Worms! I kid you not, check the link

http://www.geograph.org.uk/photo/724985


----------



## nursegladys (Aug 4, 2006)

lol when i saw this i said cats but they must have heavy duty equipment in or it really is sh*t that deserves burying pmsl


----------



## JTW (Jun 14, 2007)

If you don't get an answer here send it to New Scientist's Last word column. They publish "mysteries" like this one weekly. I'm half convinced that they've already done something like this.


----------



## thorpey69 (Feb 8, 2006)

Probably those UFO's in the other thread,but seriously i havent a clue h34r:


----------



## Roger (May 17, 2003)

Its got the 710 really spooked,

Griff said Moles...which was my first thought, but on looking, the soil beneath the stones has not been disturbed, I guess that also rules out cat turds....and they wouldnt go to the trouble of clearing a circle around the stones.

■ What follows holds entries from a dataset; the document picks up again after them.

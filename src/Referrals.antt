-- ===== src/Referrals.antt =====
-- app/referrals.py: commissions and payouts; the modules below have its other functions.
pub mod Kept
pub mod Attribution
pub mod Applications
pub mod Snapshots
pub mod Once
use smmfalcron.Prelude.{
  ℕ, String, Bool, true, false, not, Option, none, some, List, [], ◌∷◌, ◌&&◌, ◌||◌, ◌==◌, string_eq,
  nat_eq, nat_eqb, ltb, select, length, take, map, append, if◌then◌else◌,
}
use smmfalcron.Prelude.Int.{ℤ, pos, leb_ℤ, ltb_ℤ}
use smmfalcron.Table.{lookup, Table}
use smmfalcron.Models.{
  Db, User, Order, Payment, LedgerEntry, PayoutRequest, is_completed, is_paid, available_paise,
}
use smmfalcron.Env.{Env}
use smmfalcron.Security.{new_idempotency_key, new_public_id}
use smmfalcron.Session.{
  Session, wallet_error, no_such_row, ◌>>=◌, ◌>>◌, return, read, found_or, write, raise_if,
}
use smmfalcron.Wallet.{Label, credit, debit}

-- The rows of a table, without their keys.
abbrev pub rows {ℓ κ} : {K : Type ℓ} {V : Type κ} → Table K V → List V
rows t = map (λ e. e.1) t

abbrev pub referral_label : String → String → Label
referral_label reason reference = record {
  reason = reason;
  reference_type = some "referral";
  reference_id = some reference;
  created_by = none;
  meta_json = none;
}

abbrev pub has : ℕ → List ℕ → Bool
has n [] = false
has n (k ∷ ks) = k == n || has n ks

-- `completed_ids`, in the order of the ids, which is that of the rows
abbrev pub completed_ids : ℕ → Db → List ℕ
completed_ids uid db =
    map (λ (o : Order). o.id)
      (select (λ o. o.user_id == uid && is_completed o.status) (rows db.orders))

abbrev pub paid_count : ℕ → Db → ℕ
paid_count uid db =
    length (select (λ (p : Payment). p.user_id == uid && is_paid p.status) (rows db.payments))

abbrev pub referrer_row : Option ℕ → Db → Option User
referrer_row none db = none
referrer_row (some rid) db = lookup rid db.users

abbrev pub unless_self : User → Option User → Option User
unless_self buyer none = none
unless_self buyer (some r) = if r.telegram_id == buyer.telegram_id then none else some r

-- The user who referred the buyer, if that is another user.
abbrev pub referrer_of : User → Db → Option User
referrer_of buyer db = unless_self buyer (referrer_row buyer.referred_by db)

abbrev is_some {ℓ} : {A : Type ℓ} → Option A → Bool
is_some none = false
is_some (some a) = true

-- `order.status != "completed" or order.charge_paise <= 0`
unfoldable pub earns_nothing : Order → Bool
earns_nothing order = not (is_completed order.status) || leb_ℤ order.charge_paise (pos 0)

-- `buyer.referred_by is None or payment.amount_paise <= 0`
unfoldable pub no_deposit_commission : User → Payment → Bool
no_deposit_commission buyer payment =
    not (is_some buyer.referred_by) || leb_ℤ payment.amount_paise (pos 0)

module _ ⦃env : Env⦄ where
  -- `_commission_paise`; the percents that the code passes are the literals 8.0 and 5.0
  unfoldable pub commission_paise : ℤ → ℕ → ℤ
  commission_paise amount percent =
      if leb_ℤ amount (pos 0) || nat_eqb percent 0
      then pos 0
      else env.trunc
          (env.div (env.mul (env.of_int amount) (env.of_int (pos percent))) (env.of_int (pos 100)))

  -- The credit to a referrer, where there is one and the commission is not nothing.
  unfoldable pub pay_commission : Option User → ℤ → Label → String → Session (Option LedgerEntry)
  pay_commission none amount label key = return none
  pay_commission (some r) amount label key =
      if leb_ℤ amount (pos 0)
      then return none
      else do entry ← credit r.telegram_id amount label (some key); return (some entry)

  -- What follows once the buyer's row is read.
  unfoldable pub commission_for : Option User → Order → Session (Option LedgerEntry)
  unfolding pay_commission
  commission_for none order = return none
  commission_for (some buyer) order = do
    first ← read (λ db. has order.id (take 3 (completed_ids buyer.telegram_id db)))
    referrer ← read (referrer_of buyer)
    pay_commission (if first then referrer else none) (commission_paise order.charge_paise 8)
        (referral_label (append "Referral 8% " order.public_id) order.public_id)
        (new_idempotency_key ("reford" ∷ order.public_id ∷ []))

  unfoldable pub credit_order_commission : Order → Session (Option LedgerEntry)
  unfolding commission_for
  credit_order_commission order =
      if earns_nothing order
      then return none
      else do row ← read (λ db. lookup order.user_id db.users); commission_for row order

  -- Counts the buyer's paid payments in the database. The session does not flush on its own
  -- (`autoflush=False` in app/db.py), so the payment that is being settled is not among them.
  unfoldable pub credit_deposit_commission : User → Payment → Session (Option LedgerEntry)
  unfolding pay_commission
  credit_deposit_commission buyer payment =
      if no_deposit_commission buyer payment then return none else do
        paid ← read (paid_count buyer.telegram_id)
        referrer ← read (referrer_of buyer)
        pay_commission (if ltb 1 paid then none else referrer)
            (commission_paise payment.amount_paise 5)
            (referral_label (append "Referral 5% first deposit " payment.public_id)
              payment.public_id)
            (new_idempotency_key ("refdep" ∷ env.str_int (pos buyer.telegram_id) ∷ []))

  abbrev payout_label : String → String → Label
  payout_label kind public_id = record {
    reason = append "Payout request " public_id;
    reference_type = some "payout";
    reference_id = some public_id;
    created_by = none;
    meta_json = some kind;
  }

  abbrev pub add_payout : ℕ → String → ℤ → String → Db → Db
  add_payout uid kind amount public_id db =
      let request : PayoutRequest = record {
        public_id = public_id;
        user_id = uid;
        kind = kind;
        amount_paise = amount;
        status = "pending";
        created_at = db.now;
      } in
      record db { payouts = request ∷ db.payouts }

  -- The debit and the request's row, once the balance is known to cover it.
  unfoldable pub pay_out : ℕ → String → ℤ → String → Session (String × ℤ)
  pay_out uid kind amount public_id = do
    debit uid amount (payout_label kind public_id)
        (some (new_idempotency_key ("payout" ∷ public_id ∷ [])))
    write (add_payout uid kind amount public_id)
    return (public_id, amount)

  -- `request_payout`; `token` is the random part of the public id.
  unfoldable pub request_payout : ℕ → String → ℤ → String → Session (String × ℤ)
  request_payout uid kind amount token = do
    raise_if (ltb_ℤ amount (pos 10_000)) (wallet_error "Minimum payout is ₹100.00")
    row ← read (λ db. lookup uid db.users)
    u ← found_or no_such_row row
    raise_if (ltb_ℤ (available_paise u) amount)
        (wallet_error "Insufficient available balance for this payout")
    pay_out uid kind amount (new_public_id "PO" token)
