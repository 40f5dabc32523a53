-- ===== src/Pricing/Arithmetic.antt =====
-- app/pricemath.py, and the helpers of app/pricing.py that compute one rate.
use smmfalcron.Prelude.{ℕ, Option, none, some, String, if◌then◌else◌, string_eq}
use smmfalcron.Prelude.Int.{ℤ, pos, ◌-ℤ◌, ◌*ℤ◌, leb_ℤ, eqb_ℤ, min_ℤ, max_ℤ}
use smmfalcron.Table.{lookup}
use smmfalcron.Models.{Float, Db}
use smmfalcron.Env.{Env}

module _ ⦃env : Env⦄ where
  abbrev pub whole : ℕ → Float
  whole n = env.of_int (pos n)

  -- cost * (1.0 + percent / 100.0)
  abbrev pub marked_up : ℤ → Float → Float
  marked_up cost percent =
      env.mul (env.of_int cost) (env.add (whole 1) (env.div percent (whole 100)))

  unfoldable pub margin_floor_per_1000 : ℤ → Float → ℤ
  margin_floor_per_1000 cost min_margin_percent =
      max_ℤ (env.ceil (marked_up cost (env.larger min_margin_percent (whole 0)))) cost

  unfoldable pub scale_to_qty : ℤ → ℤ → ℤ
  scale_to_qty per_1000_paise quantity =
      if leb_ℤ quantity (pos 0)
      then pos 0
      else env.ceil (env.div (env.of_int (per_1000_paise *ℤ quantity)) (whole 1000))

  abbrev pub or_zero : Option Float → Float
  or_zero none = whole 0
  or_zero (some p) = p

  abbrev pub or_nothing : Option ℤ → ℤ
  or_nothing none = pos 0
  or_nothing (some n) = n

  -- `_apply_markup`; `percent or 0.0` and `fixed or 0`
  unfoldable pub apply_markup : ℤ → Option Float → Option ℤ → ℤ
  apply_markup cost percent fixed =
      env.ceil (env.add (marked_up cost (or_zero percent)) (env.of_int (or_nothing fixed)))

  -- `_enforce_min_margin`
  unfoldable pub enforce_min_margin : ℤ → ℤ → Float → ℤ
  enforce_min_margin cost sell min_margin_percent =
      max_ℤ sell (margin_floor_per_1000 cost min_margin_percent)

  -- `max(0, min(discount_bp or DEFAULT_RESELLER_DISCOUNT_BP, 9000))`
  abbrev pub reseller_bp : ℤ → ℤ
  reseller_bp discount_bp =
      max_ℤ (pos 0) (min_ℤ (if eqb_ℤ discount_bp (pos 0) then pos 1200 else discount_bp) (pos 9000))

  unfoldable pub apply_reseller_rate : ℤ → ℤ → ℤ → ℤ
  unfolding enforce_min_margin
  apply_reseller_rate cost retail discount_bp =
      enforce_min_margin cost
        (env.ceil
          (env.div (env.of_int (retail *ℤ (pos 10_000 -ℤ reseller_bp discount_bp))) (whole 10_000)))
        (whole 10)

  -- `_setting_float`
  unfoldable pub setting_float : String → Float → Db → Float
  setting_float key default db = elim (lookup key db.settings) [
    | none ↦ default
    | some value ↦ elim (env.parse_float value) [ none ↦ default | some x ↦ x ]
  ]

unfoldable pub cap_discount_to_floor : ℤ → ℤ → ℤ → ℤ
cap_discount_to_floor subtotal discount floor =
    let headroom = subtotal -ℤ max_ℤ floor (pos 0) in
    if leb_ℤ discount (pos 0)
    then pos 0
    else if leb_ℤ subtotal (pos 0)
    then pos 0
    else if leb_ℤ headroom (pos 0)
    then pos 0
    else min_ℤ (min_ℤ discount headroom) subtotal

Beats the hell outta us anyway.

roger


----------



## James (Jul 17, 2006)

I have to chirp in 

Most likely an animal burying its food, maybe a lost squirrel or raccoon

How many piles are there and do they form any kind of larger pattern or message?

Is the garden on top an old cemetery?

Or maybe wee little migratory Inuits leaving behind poorly built Inukshuk's


----------



## Roger (May 17, 2003)

Most likely an animal burying its food, maybe a lost squirrel or raccoon

Could be....but we,re a bit light on racoons over here :lol:

How many piles..... 10 to 15

Not a cemetry, at least not after 1750 (as far back as we can trace)


----------



## Robert (Jul 26, 2006)

pg tips said:


> Worms! I kid you not, check the link
> 
> http://www.geograph.org.uk/photo/724985


I was watching a Darwin thing last night and I'm sure it said worms raise the soil therefore take the stones into the ground.

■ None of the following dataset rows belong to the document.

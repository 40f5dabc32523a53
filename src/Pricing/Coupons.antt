-- ===== src/Pricing/Coupons.antt =====
-- `apply_coupon` of app/pricing.py.
use smmfalcron.Prelude.{
  ℕ, String, Bool, false, not, Option, none, some, List, ◌&&◌, ◌==◌, string_eq, nat_eq, nat_eqb,
  ltb, leb, length, select, if◌then◌else◌, strip,
}
use smmfalcron.Prelude.Int.{ℤ, pos, ltb_ℤ, eqb_ℤ, min_ℤ, max_ℤ}
use smmfalcron.Table.{lookup}
use smmfalcron.Models.{Coupon, CouponRedemption, DiscountType}
use smmfalcron.Env.{Env}
use smmfalcron.Session.{Session, value_error, ◌>>=◌, ◌>>◌, return, read, found_or, raise_if}
use smmfalcron.Pricing.Arithmetic.{whole}

-- The discount, the code that is charged for it, and the coupon's row.
abbrev pub Applied : Type 0
Applied = ℤ × Option String × Option Coupon

abbrev pub expired : ℕ → Option ℕ → Bool
expired now none = false
expired now (some t) = ltb t now

abbrev pub used_up : Coupon → Bool
used_up c = elim c.max_uses [ none ↦ false | some n ↦ leb n c.used_count ]

abbrev pub used_by : String → ℕ → List CouponRedemption → List CouponRedemption
used_by code user_id rows = select (λ r. r.coupon_code == code && r.user_id == user_id) rows

module _ ⦃env : Env⦄ where
  abbrev pub full_discount : Coupon → ℤ → ℤ
  full_discount c subtotal = elim c.discount_type [
    | DiscountType.percent ↦ env.floor (env.div (env.mul (env.of_int subtotal) c.value) (whole 100))
    | DiscountType.fixed ↦ env.trunc c.value
  ]

  -- What follows once the coupon's row is found.
  unfoldable pub apply_row : Coupon → ℕ → ℤ → Session Applied
  apply_row c user_id subtotal = do
    raise_if (not c.is_active) (value_error "Unknown or inactive coupon")
    now ← read (λ db. db.now)
    raise_if (expired now c.expires_at) (value_error "Coupon has expired")
    raise_if (not (eqb_ℤ c.min_order_paise (pos 0)) && ltb_ℤ subtotal c.min_order_paise)
        (value_error "Coupon requires a minimum order")
    raise_if (used_up c) (value_error "Coupon has reached its usage limit")
    used ← read (λ db. used_by c.code user_id db.redemptions)
    raise_if (not (nat_eqb c.per_user_limit 0) && leb c.per_user_limit (length used))
        (value_error "You have already used this coupon")
    return (max_ℤ (pos 0) (min_ℤ (full_discount c subtotal) subtotal), some c.code, some c)

  unfoldable pub apply_coupon : Option String → ℕ → ℤ → Session Applied
  apply_coupon none user_id subtotal = return (pos 0, none, none)
  apply_coupon (some code) user_id subtotal = if code == "" then return (pos 0, none, none) else do
    row ← read (λ db. lookup (env.upper (strip env.is_space code)) db.coupons)
    c ← found_or (value_error "Unknown or inactive coupon") row
    apply_row c user_id subtotal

At this time of year could it be some sort of nesting thing? Some type of ground-nesting bird maybe?

My money would be on cats I think.


----------



## James (Jul 17, 2006)

Robert said:


> pg tips said:
> 
> 
> > Worms! I kid you not, check the link
> ...


I don't know thats either one demented and busy cat at 10-15 piles or a whack of cats

I like the idea of ground nesting animals.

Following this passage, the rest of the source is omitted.